Amphorae probably also achieved a wide circulation by the end
of this period. Rural sites of the Flavian to early Antonine period
generally include fragments of amphorae (cf. Philp 1973), including examples
of the globular Dressel 20 that carried olive oil from the area of south
Spain between Seville and Cordoba (Peacock 1971, 170). This form occurs in a
well-stratified late first-early second-century context at Springhead
(unpublished) and was, according to Callender (1965, 19), the commonest of
Roman amphorae forms. Fine buff, and Brockley Hill, amphorae also occur on
sites of this period, the latter only at Charlton (Elliston Erwood 1916,
fig. 19, no. 6). South Spanish elongate amphorae (Dressel 7-11) were
possibly imported to west Kent in this period, apparently ceasing to be
produced during the early second century (Peacock 1971, 171).
3. The Coarse Wares of East Kent
The Flavian period witnessed the expansion of the Canterbury pottery
industry from an apparently small-scale concern, supplying almost solely
Canterbury itself and the military base at Richborough, to one that
dominated the market for coarse pottery throughout east Kent.
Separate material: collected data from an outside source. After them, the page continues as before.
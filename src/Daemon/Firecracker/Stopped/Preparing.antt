-- ===== src/Daemon/Firecracker/Stopped/Preparing.antt =====
-- The steps of daemon/pkg/firecracker/impl.go in front of the jailer start no process.
use yaghan.Base.{◌≡◌, refl, true, false, Bool-cases, inl, inr}
use yaghan.Base.Text.{Text}
use yaghan.Daemon.Egress.{LocalReference}
use yaghan.Daemon.Firecracker.System.{
  Machine, Op, starts, remove_vm_dir, make_jail_root, write_config, spawn_jailer,
}
use yaghan.Daemon.Firecracker.Input.{
  CreateError, CreateInput, LoadInput, clean_vm_dir, create_jail_root, vm_config, Options,
}
use yaghan.Daemon.Firecracker.Staging.{
  Action, ◌>>◌, attempt, prepare_chroot, prepare_boot, prepare_load,
}
use yaghan.Daemon.Firecracker.Launch.{attach}
use yaghan.Daemon.Firecracker.Frames
use yaghan.Daemon.Firecracker.Frames.{is_plain, Steady, attach-R}

plain_starts : (op : Op) → is_plain op ≡ true → starts op ≡ false
plain_starts (spawn_jailer netns configured) h = cc
plain_starts op h = refl

module _ (m : Machine) where
  open m use {World, up, run, run_up}

  -- Where no Firecracker ran for an id, none runs afterwards.
  abbrev pub Quiet : World → World → Type 0
  Quiet w w' = (j : Text) → up w j ≡ false → up w' j ≡ false

  pub Quiet-refl : (w : World) → Quiet w w
  Quiet-refl w j down = down

  pub Quiet-trans : (u v w : World) → Quiet u v → Quiet v w → Quiet u w
  Quiet-trans u v w a b j down = b j (a j down)

  pub run-Quiet : (id : Text) (op : Op) (w : World) → starts op ≡ false → Quiet w (run id op w).0
  run-Quiet id op w q j down = elim (Bool-cases (up (run id op w).0 j)) [
    | inl on ↦ cc (run_up id op w j q on)
    | inr off ↦ off
  ]

  pub plain-Quiet : (id : Text) (op : Op) (w : World) → is_plain op ≡ true → Quiet w (run id op w).0
  plain-Quiet id op w plain = run-Quiet id op w (plain_starts op plain)

  abbrev pub QuietStep : Action World → Type 0
  QuietStep = Steady m Quiet Quiet-refl Quiet-trans plain-Quiet

  quiet_then : {s t : Action World} → QuietStep s → QuietStep t → QuietStep (s >> t)
  quiet_then p q = Frames.>>-Steady m Quiet Quiet-refl Quiet-trans plain-Quiet p q

  call-Quiet :
      (id : Text) (op : Op) (e : CreateError) → starts op ≡ false → QuietStep (attempt m id op e)
  unfolding attempt
  call-Quiet id op e q = record { stays = λ w. run-Quiet id op w q }

  prepare_chroot-Quiet : (id : Text) → QuietStep (prepare_chroot m id)
  unfolding prepare_chroot
  prepare_chroot-Quiet id =
      quiet_then (call-Quiet id remove_vm_dir clean_vm_dir refl)
        (call-Quiet id make_jail_root create_jail_root refl)

  pub prepare_boot-Quiet : (input : CreateInput) → QuietStep (prepare_boot m input)
  unfolding prepare_boot
  prepare_boot-Quiet input = quiet_then (prepare_chroot-Quiet input.id) (
      quiet_then (call-Quiet input.id (write_config input.vsock_uds_path) vm_config refl)
        (Frames.boot_files-Steady m Quiet Quiet-refl Quiet-trans plain-Quiet input))

  pub prepare_load-Quiet :
      (input : LoadInput) (ref : LocalReference) → QuietStep (prepare_load m input ref)
  unfolding prepare_load
  prepare_load-Quiet input ref =
      quiet_then (prepare_chroot-Quiet input.id)
        (Frames.load_files-Steady m Quiet Quiet-refl Quiet-trans plain-Quiet input ref)

  pub attach-Quiet : (opts : Options) (id : Text) (w : World) → Quiet w (attach m opts id w).0
  attach-Quiet opts id w = attach-R m Quiet Quiet-refl Quiet-trans plain-Quiet opts id w
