-- ===== src/Daemon/Firecracker/Stopped.antt =====
-- A boot of daemon/pkg/firecracker/impl.go that fails, and the process that it has started.
pub mod Preparing
use yaghan.Base.{
  ℕ, ◌≡◌, refl, sym, ap, ◌∙◌, ◌⊎◌, inl, inr, Bool, true, false, not, ◌&&◌, List, Option, none, some,
  if◌then◌else◌, nat_beq, length, Bool-cases, Option-cases,
}
use mathlib.Core.Path.{subst}
use mathlib.Core.Option.{some-injective}
use yaghan.Base.Text.{Text}
use yaghan.Net.Allocator.{NamespaceHandle}
use yaghan.Daemon.Egress.{LocalReference}
use yaghan.Daemon.Firecracker.System.{
  Machine, Op, kill_pid, remove_vm_dir, spawn_jailer, reap_jailer, write_meta, VmMeta,
}
use yaghan.Daemon.Firecracker.Input.{
  CreateError, read_pid_file, write_meta_error, spawn_jailer_error, jailer_bootstrap, Attached,
  attached, vm_not_found, corrupt, Created, created, failed, Vm, CreateInput, LoadInput, Options,
  is_vm_id,
}
use yaghan.Daemon.Firecracker.Staging.{Action, ◌>>◌, prepare_boot, prepare_load}
use yaghan.Daemon.Firecracker.Launch.{
  run_jailer, kill_forked_firecracker, or_kill, register_vm, attach, launch, boot_ready, load_ready,
  netns_path,
}
use yaghan.Daemon.Firecracker.Provider.{
  Provider, attach_or, indexed, boot, load, create_microvm, load_snapshot,
}
use yaghan.Daemon.Firecracker.Stopped.Preparing.{
  Quiet, QuietStep, run-Quiet, prepare_boot-Quiet, prepare_load-Quiet, attach-Quiet,
}

failed-injective : {d e : CreateError} → ◌≡◌ {A = Created Vm} (failed d) (failed e) → d ≡ e
failed-injective h = cc

module _ (m : Machine) where
  open m use {World, up, pid_file, run, not_spawned, killed}

  -- What a failed call leaves of the Firecracker that it may have started.
  abbrev pub Halted : Text → World → CreateError → Type 0
  Halted id w e =
      (up w id ≡ false)
      ⊎ ((e ≡ read_pid_file)
          ⊎ ((e ≡ write_meta_error) ⊎ ((pid_file w id ≡ none) ⊎ (e ≡ jailer_bootstrap))))

  -- A sequence that fails has failed in its first or its second part.
  >>-failed :
      (s t : Action World) (w : World) (e : CreateError)
      → ((s >> t) w).1 ≡ some e
      → (((s w).1 ≡ some e) × ((s >> t) w ≡ s w)) ⊎ (((s w).1 ≡ none) × ((s >> t) w ≡ t (s w).0))
  unfolding ◌>>◌
  >>-failed s t w e h = elim (Option-cases (s w).1) [
    | inl fine ↦ inr (fine, rw (◌>>◌, fine) refl)
    | inr (e', bad) ↦
        let same : (s >> t) w ≡ s w = rw (◌>>◌, bad) (ap (λ o. ((s w).0, o)) bad) in
        inl (sym (ap (λ r. r.1) same) ∙ h, same)
  ]

  pub >>-done :
      (s t : Action World) (w : World)
      → ((s >> t) w).1 ≡ none
      → ((s w).1 ≡ none) × ((s >> t) w ≡ t (s w).0)
  unfolding ◌>>◌
  >>-done s t w h = elim (Option-cases (s w).1) [
    | inl fine ↦ (fine, rw (◌>>◌, fine) refl)
    | inr (e, bad) ↦
        let same : (s >> t) w ≡ s w = rw (◌>>◌, bad) (ap (λ o. ((s w).0, o)) bad) in
        cc (ap (λ (r : World × Option CreateError). r.1) same)
  ]

  run_jailer-Halted :
      (opts : Options) (id : Text) (network : NamespaceHandle) (configured : Bool) (w : World)
      (e : CreateError)
      → up w id ≡ false
      → (run_jailer m opts id network configured w).1 ≡ some e
      → Halted id (run_jailer m opts id network configured w).0 e
  unfolding run_jailer
  run_jailer-Halted opts id network configured w e down h =
      let spawn = spawn_jailer (netns_path network.namespace_name) configured in
      let spawned = run id spawn w in
      let reaped = run id reap_jailer spawned.0 in
      elim (Bool-cases spawned.1) [
        | inr stuck ↦
            rw (run_jailer, stuck)
              (inl (elim (Bool-cases (up spawned.0 id)) [
                | inl on ↦
                    cc (not_spawned id (netns_path network.namespace_name) configured w id stuck on)
                | inr off ↦ off
              ]))
        | inl fine ↦ elim (Bool-cases opts.attach_console) [
          | inl console ↦
              let kept : (run_jailer m opts id network configured w).1 ≡ none =
                rw (run_jailer, fine, console) refl in
              cc
          | inr daemon ↦ elim (Bool-cases reaped.1) [
            | inl ok ↦
                let kept : (run_jailer m opts id network configured w).1 ≡ none =
                  rw (run_jailer, fine, daemon, ok) refl in
                cc
            | inr bad ↦
                let lost : (run_jailer m opts id network configured w).1 ≡ some jailer_bootstrap =
                  rw (run_jailer, fine, daemon, bad) refl in
                inr (inr (inr (inr (some-injective _ _ (sym h ∙ lost)))))
          ]
        ]
      ]

  kill-Halted :
      (id : Text) (w : World) (e : CreateError) → Halted id (kill_forked_firecracker m id w) e
  unfolding kill_forked_firecracker
  kill-Halted id w e = elim (Option-cases (pid_file w id)) [
    | inl unknown ↦ inr (inr (inr (inl (rw (kill_forked_firecracker, unknown) unknown))))
    | inr (pid, known) ↦ inl (rw (kill_forked_firecracker, known) (killed id pid w known))
  ]

  or_kill-Halted :
      (id : Text) (s : Action World) (w : World) (e : CreateError)
      → (or_kill m id s w).1 ≡ some e
      → Halted id (or_kill m id s w).0 e
  unfolding or_kill
  or_kill-Halted id s w e h = elim (Option-cases (s w).1) [
    | inl fine ↦ let kept : (or_kill m id s w).1 ≡ none = rw (or_kill, fine) fine in cc
    | inr (e', bad) ↦ rw (or_kill, bad) (kill-Halted id (s w).0 e)
  ]

  abbrev error_of : Created Vm → Option CreateError
  error_of (created vm) = none
  error_of (failed e) = some e

  register_vm-Halted :
      (id : Text) (index : ℕ) (uds : Text) (port : ℕ) (w : World) (e : CreateError)
      → (register_vm m id index uds port w).1 ≡ failed e
      → Halted id (register_vm m id index uds port w).0 e
  unfolding register_vm
  register_vm-Halted id index uds port w e h = elim (Option-cases (pid_file w id)) [
    | inl unknown ↦
        let known : (register_vm m id index uds port w).1 ≡ failed read_pid_file =
          rw (register_vm, unknown) refl in
        inr (inl (failed-injective (sym h ∙ known)))
    | inr (pid, known) ↦
        let meta : VmMeta = record { pid = pid; agent_vsock_port = port; network_index = index } in
        elim (Bool-cases (run id (write_meta meta) w).1) [
          | inl wrote ↦
              let kept : (register_vm m id index uds port w).1
                  ≡ created (record {
                    id = id;
                    pid = pid;
                    network_index = index;
                    vsock_uds = uds;
                    vsock_port = port;
                  }) =
                rw (register_vm, known, wrote) refl in
              cc
          | inr lost ↦
              let kept : (register_vm m id index uds port w).1 ≡ failed write_meta_error =
                rw (register_vm, known, lost) refl in
              inr (inr (inl (failed-injective (sym h ∙ kept))))
        ]
  ]

  pub launch_fine :
      (opts : Options) (id : Text) (network : NamespaceHandle) (configured : Bool)
      (prepare ready : Action World) (uds : Text) (port : ℕ) (w : World)
      → ((prepare >> run_jailer m opts id network configured >> or_kill m id ready) w).1 ≡ none
      → launch m opts id network configured prepare ready uds port w
        ≡ register_vm m id network.index uds port
            ((prepare >> run_jailer m opts id network configured >> or_kill m id ready) w).0
  unfolding launch
  launch_fine opts id network configured prepare ready uds port w fine = rw (launch, fine) refl

  pub launch-failed :
      (opts : Options) (id : Text) (network : NamespaceHandle) (configured : Bool)
      (prepare ready : Action World) (uds : Text) (port : ℕ) (w : World) (e : CreateError)
      → ((prepare >> run_jailer m opts id network configured >> or_kill m id ready) w).1 ≡ some e
      → launch m opts id network configured prepare ready uds port w ≡ (
        ((prepare >> run_jailer m opts id network configured >> or_kill m id ready) w).0,
        failed e,
      )
  unfolding launch
  launch-failed opts id network configured prepare ready uds port w e bad = rw (launch, bad) refl

  -- The part of a launch in front of the registration.
  started-Halted :
      (opts : Options) (id : Text) (network : NamespaceHandle) (configured : Bool)
      (prepare ready : Action World) (w : World) (e : CreateError)
      → QuietStep m prepare
      → up w id ≡ false
      → ((prepare >> run_jailer m opts id network configured >> or_kill m id ready) w).1 ≡ some e
      → Halted id ((prepare >> run_jailer m opts id network configured >> or_kill m id ready) w).0 e
  started-Halted opts id network configured prepare ready w e quiet down h =
      let jail = run_jailer m opts id network configured in
      let guarded = or_kill m id ready in
      let off = quiet.stays w id down in
      elim (>>-failed prepare (jail >> guarded) w e h) [
        | inl (bad, same) ↦ rw same (inl off)
        | inr (fine, same) ↦
            let next = (prepare w).0 in
            let h' = sym (ap (λ (r : World × Option CreateError). r.1) same) ∙ h in
            rw same (elim (>>-failed jail guarded next e h') [
              | inl (bad, same') ↦
                  rw same' (run_jailer-Halted opts id network configured next e off bad)
              | inr (fine', same') ↦ rw same' (
                  or_kill-Halted id ready (jail next).0 e
                    (sym (ap (λ (r : World × Option CreateError). r.1) same') ∙ h'))
            ])
      ]

  pub launch-Halted :
      (opts : Options) (id : Text) (network : NamespaceHandle) (configured : Bool)
      (prepare ready : Action World) (uds : Text) (port : ℕ) (w : World) (e : CreateError)
      → QuietStep m prepare
      → up w id ≡ false
      → (launch m opts id network configured prepare ready uds port w).1 ≡ failed e
      → Halted id (launch m opts id network configured prepare ready uds port w).0 e
  unfolding launch
  launch-Halted opts id network configured prepare ready uds port w e quiet down h =
      let jail = run_jailer m opts id network configured in
      let all = prepare >> jail >> or_kill m id ready in
      elim (Option-cases (all w).1) [
        | inl fine ↦
            subst (λ (r : World × Created Vm). r.1 ≡ failed e → Halted id r.0 e)
              (sym (launch_fine opts id network configured prepare ready uds port w fine))
              (register_vm-Halted id network.index uds port (all w).0 e) h
        | inr (e', bad) ↦
            let same = launch-failed opts id network configured prepare ready uds port w e' bad in
            let e-same : e' ≡ e =
              failed-injective (sym (ap (λ (r : World × Created Vm). r.1) same) ∙ h) in
            rw same (
              started-Halted opts id network configured prepare ready w e quiet down
                (bad ∙ ap some e-same))
      ]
At the same
time the production of grog-tempered ware and of traditional 'Aylesford-Swarling'
forms, including those produced in grog-sand and sand-tempered wares in the
pre-Flavian period, declined almost to the point of complete termination.
Exotic coarse wares are almost entirely confined to Canterbury and
Richborough, excepting mortaria from Brockley Hill.